Looking at the source code, the move you are about to make is included in the training dataset. This can be confirmed by playing “scissors scissors scissors rock” and then looking at the variables x and y in the console, which will include the surprise rock.
The code updates x and y, then trains the model, and then makes a prediction. “Fair” code would make a prediction, then update x and y and train the model
This explains the behavior mentioned in the comments where the computer gets an impressive early lead due to the players next move being one of only a few datapoints it learns from, then backs off to a more plausible advantage as the leaked data is diluted by past data.
In other words, the description is precisely inaccurate. Not only is it not untrained, it's trained against your exact plays through mysterious future-knowledge!
after the player makes a move the nn makes ones and add it to it's training data. the move the player does after that is added as a counter move to the nn move. this way I treat the data as time series.
The problem is that that the player's move is actually being fed to the training data before the computer makes its prediction. Take a look at the variable 'y' after making your move and you'll see that it includes the player's last move. Because 'y' is updated before the computer makes its prediction, this shows that the computer uses the player's current move as part of the training set to decide its move.
it's not taking a pick at the player move. read the code, even after the pull request that brought this up the nn performed the same. even if the nn was taking a pick at the player's move, which is not, the data is shuffled before the training
Well, it’s much easier with your code. I immediately opened up a 3x lead on the comp. I stopped at 17-6-17 (W-L-T). What I did was to play the hand that would have beaten the computer’s previous guess, and if the computer looks like it’s figuring it out, I play the hand that beats my strategy once or twice, and then resume.
Two economists – one young and one old – are walking down the street together:
The young economist looks down and sees a $20 bill on the street and says, “Hey, look a twenty-dollar bill!”
Without even looking, his older and wiser colleague replies, “Nonsense. If there had been a twenty-dollar lying on the street, someone would have already picked it up by now.”
(99% joke and snark. Of course this isn't going to work on the stock market, but that kind of efficiency argument isn't perfect.)
I was not making the efficiency argument in the abstract. I'm making it in the concrete of a neural network that can be trained in real time in a browser window.
There's a great deal of people who seem to mistake "the market isn't actually 100% efficient" for "oh, I guess we can just ignore the question of 'efficiency because if it's not 100% it must be 0%". Not that they say the last part out loud, of course.
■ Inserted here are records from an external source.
-- ===== src/AcceptedRef/Reload.antt =====
-- `evaluate_reload` of rust/src/accepted_ref.rs: what one observed candidate does to the accepted
-- commit.
use pkgre.Prelude.{
  Bytes, Bool, true, false, not, ◌||◌, Option, none, some, Result, ok, err, beq, if◌then◌else◌,
  ◌>>◌,
}
use pkgre.AcceptedRef.{
  Error, inconsistent_ancestry, validity_not_evaluated, persistence_not_attempted, AcceptedRef,
  RepositoryConfig, valid_hex, validate_record,
}
use pkgre.AcceptedRef.Startup.{ObjectState, TransitionDecision, TransitionReason, TransitionOutcome}

pub data Ancestry : Type 0 where
  descendant divergent equal not_evaluated predecessor unknown : Ancestry

pub data Persistence : Type 0 where
  interrupted_before_rename not_attempted success : Persistence

pub data SemanticValidity : Type 0 where
  invalid not_evaluated valid : SemanticValidity

pub record ReloadCandidate : Type 0 where
  pub ancestry : Ancestry
  pub commit : Bytes
  pub full_ref : Bytes
  pub object_state : ObjectState
  pub persistence : Persistence
  pub repository_identity : Bytes
  pub semantic_validity : SemanticValidity
  pub suppressed : Bool

unfoldable pub reload_outcome :
    TransitionDecision → TransitionReason → Bytes → Bool → Bool → TransitionOutcome
reload_outcome decision reason accepted_commit candidate_load persist_record = record {
  accepted_commit = some accepted_commit;
  active_commit = some accepted_commit;
  candidate_load = some candidate_load;
  decision = decision;
  persist_record = persist_record;
  reason = reason;
}

abbrev pub retain : TransitionReason → Bytes → Bool → Result Error TransitionOutcome
unfolding reload_outcome
retain reason accepted candidate_load =
    ok (reload_outcome TransitionDecision.retain_accepted reason accepted candidate_load false)

-- `candidate.object_state == ObjectState::Malformed` and `… == ObjectState::Valid`.
unfoldable pub object_is_malformed : ObjectState → Bool
object_is_malformed ObjectState.malformed = true
object_is_malformed _ = false

unfoldable pub object_is_valid : ObjectState → Bool
object_is_valid ObjectState.valid = true
object_is_valid _ = false

-- The match on the persistence of a valid candidate.
unfoldable pub reload_persistence : Bytes → Bytes → Persistence → Result Error TransitionOutcome
unfolding reload_outcome
reload_persistence accepted commit Persistence.interrupted_before_rename =
    retain TransitionReason.durable_persistence_failed accepted true
reload_persistence accepted commit Persistence.success = ok (record {
  accepted_commit = some commit;
  active_commit = some commit;
  candidate_load = some true;
  decision = TransitionDecision.accept_forward;
  persist_record = true;
  reason = TransitionReason.valid_forward_candidate;
})
reload_persistence accepted commit Persistence.not_attempted = err persistence_not_attempted

-- The match on semantic validity.
unfoldable pub reload_validity :
    Bytes → ReloadCandidate → SemanticValidity → Result Error TransitionOutcome
unfolding reload_persistence
reload_validity accepted c SemanticValidity.invalid =
    retain TransitionReason.semantic_validation_failed accepted true
reload_validity accepted c SemanticValidity.valid =
    reload_persistence accepted c.commit c.persistence
reload_validity accepted c SemanticValidity.not_evaluated = err validity_not_evaluated

-- The match on ancestry.
unfoldable pub reload_ancestry : Bytes → ReloadCandidate → Ancestry → Result Error TransitionOutcome
unfolding reload_validity
reload_ancestry accepted c Ancestry.predecessor =
    retain TransitionReason.candidate_not_descendant accepted false
reload_ancestry accepted c Ancestry.divergent =
    retain TransitionReason.candidate_not_descendant accepted false
reload_ancestry accepted c Ancestry.unknown =
    retain TransitionReason.candidate_ancestry_unknown accepted false
reload_ancestry accepted c Ancestry.descendant = reload_validity accepted c c.semantic_validity
reload_ancestry accepted c Ancestry.equal = err inconsistent_ancestry
reload_ancestry accepted c Ancestry.not_evaluated = err inconsistent_ancestry

-- The guards in front of the ancestry match, in the source's order.
unfoldable pub reload_candidate :
    Bytes → ReloadCandidate → RepositoryConfig → Result Error TransitionOutcome
unfolding reload_outcome reload_ancestry object_is_malformed object_is_valid
reload_candidate accepted c config =
    if not (beq c.repository_identity config.repository_identity)
    then retain TransitionReason.repository_identity_mismatch accepted false
    else if not (beq c.full_ref config.full_ref)
    then retain TransitionReason.full_ref_mismatch accepted false
    else if not (valid_hex c.commit 40) || object_is_malformed c.object_state
    then retain TransitionReason.candidate_commit_malformed accepted false
    else if c.suppressed
    then retain TransitionReason.rejected_hash_suppressed accepted false
    else if not (object_is_valid c.object_state)
    then retain TransitionReason.candidate_object_unavailable accepted false
    else if beq c.commit accepted
    then ok (
        reload_outcome TransitionDecision.unchanged TransitionReason.candidate_equals_accepted
          accepted false false)
    else reload_ancestry accepted c c.ancestry

unfoldable pub reload_observed :
    Bytes → Option ReloadCandidate → RepositoryConfig → Result Error TransitionOutcome
unfolding reload_candidate
reload_observed accepted none config = retain TransitionReason.remote_unavailable accepted false
reload_observed accepted (some c) config = reload_candidate accepted c config

unfoldable pub evaluate_reload :
    AcceptedRef → Option ReloadCandidate → RepositoryConfig → Result Error TransitionOutcome
unfolding reload_observed
evaluate_reload accepted_record candidate config = do
  validate_record config accepted_record
  reload_observed accepted_record.accepted_commit candidate config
But that's not what you're coding.
If you trained it with every possible next move and response then you would learn that kind of relationship (though you would also overfit on the existing moves), but this way you just give it a peek into the probability distribution of the players moves, one thats so accurate that it comes from the future...
The code updates x and y, then trains the model, and then makes a prediction. “Fair” code would make a prediction, then update x and y and train the model
This explains the behavior mentioned in the comments where the computer gets an impressive early lead due to the players next move being one of only a few datapoints it learns from, then backs off to a more plausible advantage as the leaked data is diluted by past data.